WORK TO BE COMPLETED: Count the lines below that hold "those". Give the number without comment.

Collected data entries
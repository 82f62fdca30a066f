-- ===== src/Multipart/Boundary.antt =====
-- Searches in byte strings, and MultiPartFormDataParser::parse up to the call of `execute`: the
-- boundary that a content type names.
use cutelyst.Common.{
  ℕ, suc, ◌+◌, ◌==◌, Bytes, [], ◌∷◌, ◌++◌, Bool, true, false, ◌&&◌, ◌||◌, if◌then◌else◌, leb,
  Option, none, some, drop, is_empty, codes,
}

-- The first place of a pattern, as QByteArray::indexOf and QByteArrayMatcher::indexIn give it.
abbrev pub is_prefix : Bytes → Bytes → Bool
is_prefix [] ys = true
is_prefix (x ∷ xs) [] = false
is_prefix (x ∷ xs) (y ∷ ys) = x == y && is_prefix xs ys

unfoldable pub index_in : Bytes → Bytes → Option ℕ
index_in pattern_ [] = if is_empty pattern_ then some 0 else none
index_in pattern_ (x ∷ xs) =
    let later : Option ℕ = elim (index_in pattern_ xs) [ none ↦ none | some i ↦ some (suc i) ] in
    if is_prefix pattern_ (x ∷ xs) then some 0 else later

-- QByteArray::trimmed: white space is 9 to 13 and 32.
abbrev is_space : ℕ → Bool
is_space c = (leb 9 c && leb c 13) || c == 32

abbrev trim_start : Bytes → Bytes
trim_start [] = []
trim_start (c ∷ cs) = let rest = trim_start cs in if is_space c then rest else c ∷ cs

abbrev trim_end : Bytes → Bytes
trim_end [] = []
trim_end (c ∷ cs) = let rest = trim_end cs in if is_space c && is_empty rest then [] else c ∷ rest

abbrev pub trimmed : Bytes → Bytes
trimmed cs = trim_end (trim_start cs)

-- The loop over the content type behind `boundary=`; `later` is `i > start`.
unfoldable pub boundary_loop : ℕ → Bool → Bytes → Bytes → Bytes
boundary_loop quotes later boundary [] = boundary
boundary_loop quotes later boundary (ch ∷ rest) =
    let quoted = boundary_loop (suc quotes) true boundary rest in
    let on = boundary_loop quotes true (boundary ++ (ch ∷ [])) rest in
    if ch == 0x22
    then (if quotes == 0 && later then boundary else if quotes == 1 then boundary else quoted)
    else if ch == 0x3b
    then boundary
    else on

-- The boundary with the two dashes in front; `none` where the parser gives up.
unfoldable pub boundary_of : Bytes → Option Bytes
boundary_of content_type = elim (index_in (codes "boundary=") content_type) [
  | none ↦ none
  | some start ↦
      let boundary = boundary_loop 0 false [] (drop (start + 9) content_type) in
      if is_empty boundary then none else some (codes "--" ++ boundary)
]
* * *
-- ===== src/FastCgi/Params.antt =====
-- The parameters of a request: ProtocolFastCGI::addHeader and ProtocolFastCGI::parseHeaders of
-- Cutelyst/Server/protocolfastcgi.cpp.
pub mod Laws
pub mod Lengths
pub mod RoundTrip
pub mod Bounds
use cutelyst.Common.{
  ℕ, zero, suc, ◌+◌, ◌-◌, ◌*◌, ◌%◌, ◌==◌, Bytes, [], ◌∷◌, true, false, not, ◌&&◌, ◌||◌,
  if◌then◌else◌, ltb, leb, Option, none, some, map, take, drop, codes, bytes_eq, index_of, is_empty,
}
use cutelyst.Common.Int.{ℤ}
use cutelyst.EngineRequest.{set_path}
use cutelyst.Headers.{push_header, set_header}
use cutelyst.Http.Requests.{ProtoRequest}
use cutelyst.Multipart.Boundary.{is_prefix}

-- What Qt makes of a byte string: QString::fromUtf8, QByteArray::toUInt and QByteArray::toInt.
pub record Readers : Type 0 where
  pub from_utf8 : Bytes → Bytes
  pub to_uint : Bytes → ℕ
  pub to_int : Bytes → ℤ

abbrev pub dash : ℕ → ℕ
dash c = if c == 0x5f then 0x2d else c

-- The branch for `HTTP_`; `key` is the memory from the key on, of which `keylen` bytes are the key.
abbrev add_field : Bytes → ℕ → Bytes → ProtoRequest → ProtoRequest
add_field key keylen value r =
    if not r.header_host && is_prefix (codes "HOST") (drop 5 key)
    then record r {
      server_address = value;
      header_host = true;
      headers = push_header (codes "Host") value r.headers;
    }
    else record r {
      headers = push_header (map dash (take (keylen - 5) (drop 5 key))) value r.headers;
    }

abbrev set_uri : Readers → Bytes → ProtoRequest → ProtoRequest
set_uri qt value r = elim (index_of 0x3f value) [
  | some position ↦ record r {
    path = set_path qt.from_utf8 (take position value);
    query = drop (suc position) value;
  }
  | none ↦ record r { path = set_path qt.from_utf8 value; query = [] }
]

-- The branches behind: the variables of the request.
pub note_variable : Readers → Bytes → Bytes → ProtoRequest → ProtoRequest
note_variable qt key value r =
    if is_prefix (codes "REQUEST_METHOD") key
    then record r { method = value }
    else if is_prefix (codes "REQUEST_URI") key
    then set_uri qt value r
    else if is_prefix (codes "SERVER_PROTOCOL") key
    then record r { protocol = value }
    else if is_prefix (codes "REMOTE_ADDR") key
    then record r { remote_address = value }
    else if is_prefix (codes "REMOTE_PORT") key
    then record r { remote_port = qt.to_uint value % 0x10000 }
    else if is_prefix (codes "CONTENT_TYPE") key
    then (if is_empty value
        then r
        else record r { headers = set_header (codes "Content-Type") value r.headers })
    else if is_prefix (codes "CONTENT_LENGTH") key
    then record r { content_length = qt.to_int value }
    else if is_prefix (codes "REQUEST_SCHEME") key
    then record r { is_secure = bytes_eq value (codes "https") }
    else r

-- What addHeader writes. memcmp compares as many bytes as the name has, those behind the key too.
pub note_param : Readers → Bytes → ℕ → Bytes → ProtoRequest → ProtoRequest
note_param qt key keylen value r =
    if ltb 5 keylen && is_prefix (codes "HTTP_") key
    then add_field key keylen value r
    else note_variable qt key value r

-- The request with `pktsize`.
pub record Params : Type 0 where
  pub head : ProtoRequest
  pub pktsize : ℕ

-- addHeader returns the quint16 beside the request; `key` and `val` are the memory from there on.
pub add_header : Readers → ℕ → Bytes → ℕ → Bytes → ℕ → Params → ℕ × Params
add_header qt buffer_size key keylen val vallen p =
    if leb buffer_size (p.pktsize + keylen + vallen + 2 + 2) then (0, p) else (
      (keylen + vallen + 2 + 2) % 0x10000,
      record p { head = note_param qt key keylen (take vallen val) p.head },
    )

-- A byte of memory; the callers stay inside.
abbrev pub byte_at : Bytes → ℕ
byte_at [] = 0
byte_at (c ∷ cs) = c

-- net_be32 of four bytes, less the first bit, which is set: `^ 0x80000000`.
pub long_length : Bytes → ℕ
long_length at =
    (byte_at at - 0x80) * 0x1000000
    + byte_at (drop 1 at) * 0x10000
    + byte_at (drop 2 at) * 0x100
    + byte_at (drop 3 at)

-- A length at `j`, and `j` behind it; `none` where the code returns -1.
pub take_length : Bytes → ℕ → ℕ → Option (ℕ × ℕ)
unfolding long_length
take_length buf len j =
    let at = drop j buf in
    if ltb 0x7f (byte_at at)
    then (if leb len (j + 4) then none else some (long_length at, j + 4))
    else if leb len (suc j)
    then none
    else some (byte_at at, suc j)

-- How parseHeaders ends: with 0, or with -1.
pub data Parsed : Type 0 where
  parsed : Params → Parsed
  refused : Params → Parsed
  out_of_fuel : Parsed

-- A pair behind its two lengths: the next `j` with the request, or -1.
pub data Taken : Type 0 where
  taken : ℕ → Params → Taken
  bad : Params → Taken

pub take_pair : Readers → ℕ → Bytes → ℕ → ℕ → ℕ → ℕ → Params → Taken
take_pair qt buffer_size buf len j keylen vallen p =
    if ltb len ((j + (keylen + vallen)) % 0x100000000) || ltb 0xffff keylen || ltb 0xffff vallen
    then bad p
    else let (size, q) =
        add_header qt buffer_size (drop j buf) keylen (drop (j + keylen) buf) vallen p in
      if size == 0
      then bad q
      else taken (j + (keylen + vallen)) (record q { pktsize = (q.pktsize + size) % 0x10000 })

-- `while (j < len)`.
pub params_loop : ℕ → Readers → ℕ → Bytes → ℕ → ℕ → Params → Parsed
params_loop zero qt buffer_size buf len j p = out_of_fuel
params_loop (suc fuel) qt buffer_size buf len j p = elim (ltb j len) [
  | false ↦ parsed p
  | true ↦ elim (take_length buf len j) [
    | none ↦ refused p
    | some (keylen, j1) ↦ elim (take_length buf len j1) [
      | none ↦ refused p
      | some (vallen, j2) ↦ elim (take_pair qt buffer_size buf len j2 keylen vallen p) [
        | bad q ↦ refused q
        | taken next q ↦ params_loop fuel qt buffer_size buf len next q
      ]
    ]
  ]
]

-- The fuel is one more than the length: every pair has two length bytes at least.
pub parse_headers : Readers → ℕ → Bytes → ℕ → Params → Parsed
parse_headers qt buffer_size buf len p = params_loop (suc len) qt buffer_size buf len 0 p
---
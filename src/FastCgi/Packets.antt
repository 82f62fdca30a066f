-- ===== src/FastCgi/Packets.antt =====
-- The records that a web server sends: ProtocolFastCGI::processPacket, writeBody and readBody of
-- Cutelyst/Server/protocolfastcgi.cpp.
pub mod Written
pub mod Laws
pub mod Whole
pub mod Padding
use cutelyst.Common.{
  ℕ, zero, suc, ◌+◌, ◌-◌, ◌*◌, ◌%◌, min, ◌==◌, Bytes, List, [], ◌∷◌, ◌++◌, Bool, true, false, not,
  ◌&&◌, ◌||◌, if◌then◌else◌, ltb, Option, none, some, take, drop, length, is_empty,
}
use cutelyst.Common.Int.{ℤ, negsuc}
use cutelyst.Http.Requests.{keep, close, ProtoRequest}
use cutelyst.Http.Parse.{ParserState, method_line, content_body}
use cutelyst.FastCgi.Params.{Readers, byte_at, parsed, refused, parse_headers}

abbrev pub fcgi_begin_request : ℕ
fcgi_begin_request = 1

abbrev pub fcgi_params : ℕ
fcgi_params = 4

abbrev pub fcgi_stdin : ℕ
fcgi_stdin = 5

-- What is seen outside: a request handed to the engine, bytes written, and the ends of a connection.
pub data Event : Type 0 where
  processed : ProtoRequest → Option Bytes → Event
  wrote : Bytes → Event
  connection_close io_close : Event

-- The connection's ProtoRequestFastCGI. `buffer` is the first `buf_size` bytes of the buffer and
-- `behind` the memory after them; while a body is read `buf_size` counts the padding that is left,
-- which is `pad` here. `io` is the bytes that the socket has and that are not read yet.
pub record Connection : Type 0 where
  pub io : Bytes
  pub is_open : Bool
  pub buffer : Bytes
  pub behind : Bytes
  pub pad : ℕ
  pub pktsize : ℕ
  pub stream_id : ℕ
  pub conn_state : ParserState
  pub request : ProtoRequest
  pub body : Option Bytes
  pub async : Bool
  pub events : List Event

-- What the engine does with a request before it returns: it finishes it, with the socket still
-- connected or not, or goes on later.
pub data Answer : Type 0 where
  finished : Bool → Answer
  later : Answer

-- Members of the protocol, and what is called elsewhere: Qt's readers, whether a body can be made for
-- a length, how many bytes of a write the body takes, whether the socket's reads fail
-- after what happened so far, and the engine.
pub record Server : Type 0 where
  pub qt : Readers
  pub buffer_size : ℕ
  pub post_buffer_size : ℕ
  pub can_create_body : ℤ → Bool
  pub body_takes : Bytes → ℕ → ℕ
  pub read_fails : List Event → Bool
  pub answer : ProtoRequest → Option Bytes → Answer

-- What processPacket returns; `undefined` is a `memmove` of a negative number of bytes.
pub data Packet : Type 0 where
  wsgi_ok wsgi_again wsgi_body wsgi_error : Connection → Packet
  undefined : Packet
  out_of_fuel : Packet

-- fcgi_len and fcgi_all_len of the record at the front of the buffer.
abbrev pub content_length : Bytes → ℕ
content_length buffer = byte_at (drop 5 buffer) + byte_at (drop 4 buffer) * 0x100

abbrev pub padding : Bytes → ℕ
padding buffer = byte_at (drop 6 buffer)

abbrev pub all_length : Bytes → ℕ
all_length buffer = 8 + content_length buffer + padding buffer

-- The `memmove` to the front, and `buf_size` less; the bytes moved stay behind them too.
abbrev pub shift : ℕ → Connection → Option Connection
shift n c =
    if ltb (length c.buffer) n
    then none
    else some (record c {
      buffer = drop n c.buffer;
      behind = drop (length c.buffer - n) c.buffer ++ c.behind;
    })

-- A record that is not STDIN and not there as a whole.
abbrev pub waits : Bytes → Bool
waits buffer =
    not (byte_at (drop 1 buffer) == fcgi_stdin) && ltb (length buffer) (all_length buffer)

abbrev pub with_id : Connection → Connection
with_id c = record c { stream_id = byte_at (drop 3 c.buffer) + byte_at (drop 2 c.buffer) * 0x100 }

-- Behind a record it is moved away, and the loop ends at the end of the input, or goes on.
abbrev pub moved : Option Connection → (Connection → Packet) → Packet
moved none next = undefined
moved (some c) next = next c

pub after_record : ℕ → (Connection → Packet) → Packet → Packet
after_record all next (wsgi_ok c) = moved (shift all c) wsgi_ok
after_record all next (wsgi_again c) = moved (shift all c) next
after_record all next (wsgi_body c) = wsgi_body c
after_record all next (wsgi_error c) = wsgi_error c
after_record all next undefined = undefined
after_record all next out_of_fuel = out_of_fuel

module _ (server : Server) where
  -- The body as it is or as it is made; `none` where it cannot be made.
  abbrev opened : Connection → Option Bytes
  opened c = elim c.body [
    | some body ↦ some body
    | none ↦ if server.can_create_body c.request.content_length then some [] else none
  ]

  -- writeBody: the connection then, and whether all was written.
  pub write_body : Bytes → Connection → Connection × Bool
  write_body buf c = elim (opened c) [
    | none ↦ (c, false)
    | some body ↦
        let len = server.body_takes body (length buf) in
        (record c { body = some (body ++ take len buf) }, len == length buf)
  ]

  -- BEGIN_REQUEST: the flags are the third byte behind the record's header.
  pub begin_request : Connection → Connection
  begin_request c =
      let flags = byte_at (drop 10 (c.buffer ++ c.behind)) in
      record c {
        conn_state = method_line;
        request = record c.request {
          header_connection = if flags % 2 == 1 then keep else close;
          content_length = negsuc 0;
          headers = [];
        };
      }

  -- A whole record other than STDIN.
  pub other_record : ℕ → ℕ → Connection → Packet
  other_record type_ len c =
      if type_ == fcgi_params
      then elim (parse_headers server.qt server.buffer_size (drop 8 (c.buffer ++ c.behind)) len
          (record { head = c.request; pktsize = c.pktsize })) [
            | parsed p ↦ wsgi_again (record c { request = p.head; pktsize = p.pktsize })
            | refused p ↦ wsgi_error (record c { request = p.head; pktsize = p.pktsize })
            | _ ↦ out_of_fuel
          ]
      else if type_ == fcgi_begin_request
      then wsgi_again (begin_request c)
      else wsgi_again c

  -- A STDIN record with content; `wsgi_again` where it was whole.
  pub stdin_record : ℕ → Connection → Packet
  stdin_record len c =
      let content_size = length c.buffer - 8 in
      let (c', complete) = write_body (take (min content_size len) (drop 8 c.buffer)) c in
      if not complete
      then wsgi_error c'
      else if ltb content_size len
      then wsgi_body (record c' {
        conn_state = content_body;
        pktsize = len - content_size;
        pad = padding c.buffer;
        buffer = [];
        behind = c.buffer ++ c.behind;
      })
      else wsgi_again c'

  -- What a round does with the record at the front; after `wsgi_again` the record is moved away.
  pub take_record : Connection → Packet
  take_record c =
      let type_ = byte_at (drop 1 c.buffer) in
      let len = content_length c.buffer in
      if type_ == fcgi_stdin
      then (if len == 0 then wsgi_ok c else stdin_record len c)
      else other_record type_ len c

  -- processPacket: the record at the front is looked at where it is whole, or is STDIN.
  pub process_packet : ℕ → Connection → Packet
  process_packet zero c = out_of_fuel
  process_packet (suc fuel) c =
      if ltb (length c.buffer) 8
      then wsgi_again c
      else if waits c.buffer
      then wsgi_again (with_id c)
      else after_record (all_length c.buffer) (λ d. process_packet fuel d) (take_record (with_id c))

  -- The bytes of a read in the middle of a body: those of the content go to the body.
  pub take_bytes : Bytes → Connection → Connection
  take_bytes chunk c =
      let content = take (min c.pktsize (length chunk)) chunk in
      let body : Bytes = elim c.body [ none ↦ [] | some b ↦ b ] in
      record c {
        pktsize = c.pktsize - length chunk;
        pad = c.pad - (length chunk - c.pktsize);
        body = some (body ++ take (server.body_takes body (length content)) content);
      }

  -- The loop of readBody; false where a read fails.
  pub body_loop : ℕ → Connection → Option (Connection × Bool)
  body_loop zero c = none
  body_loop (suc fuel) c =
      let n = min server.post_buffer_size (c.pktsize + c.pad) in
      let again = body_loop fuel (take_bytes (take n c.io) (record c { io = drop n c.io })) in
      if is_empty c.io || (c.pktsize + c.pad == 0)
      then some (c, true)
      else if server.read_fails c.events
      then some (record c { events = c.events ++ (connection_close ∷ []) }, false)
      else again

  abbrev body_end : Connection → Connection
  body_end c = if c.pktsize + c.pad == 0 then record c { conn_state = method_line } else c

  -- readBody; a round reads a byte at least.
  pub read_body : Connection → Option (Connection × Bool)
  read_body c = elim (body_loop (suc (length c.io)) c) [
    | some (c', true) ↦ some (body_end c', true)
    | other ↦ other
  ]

RESULT: 2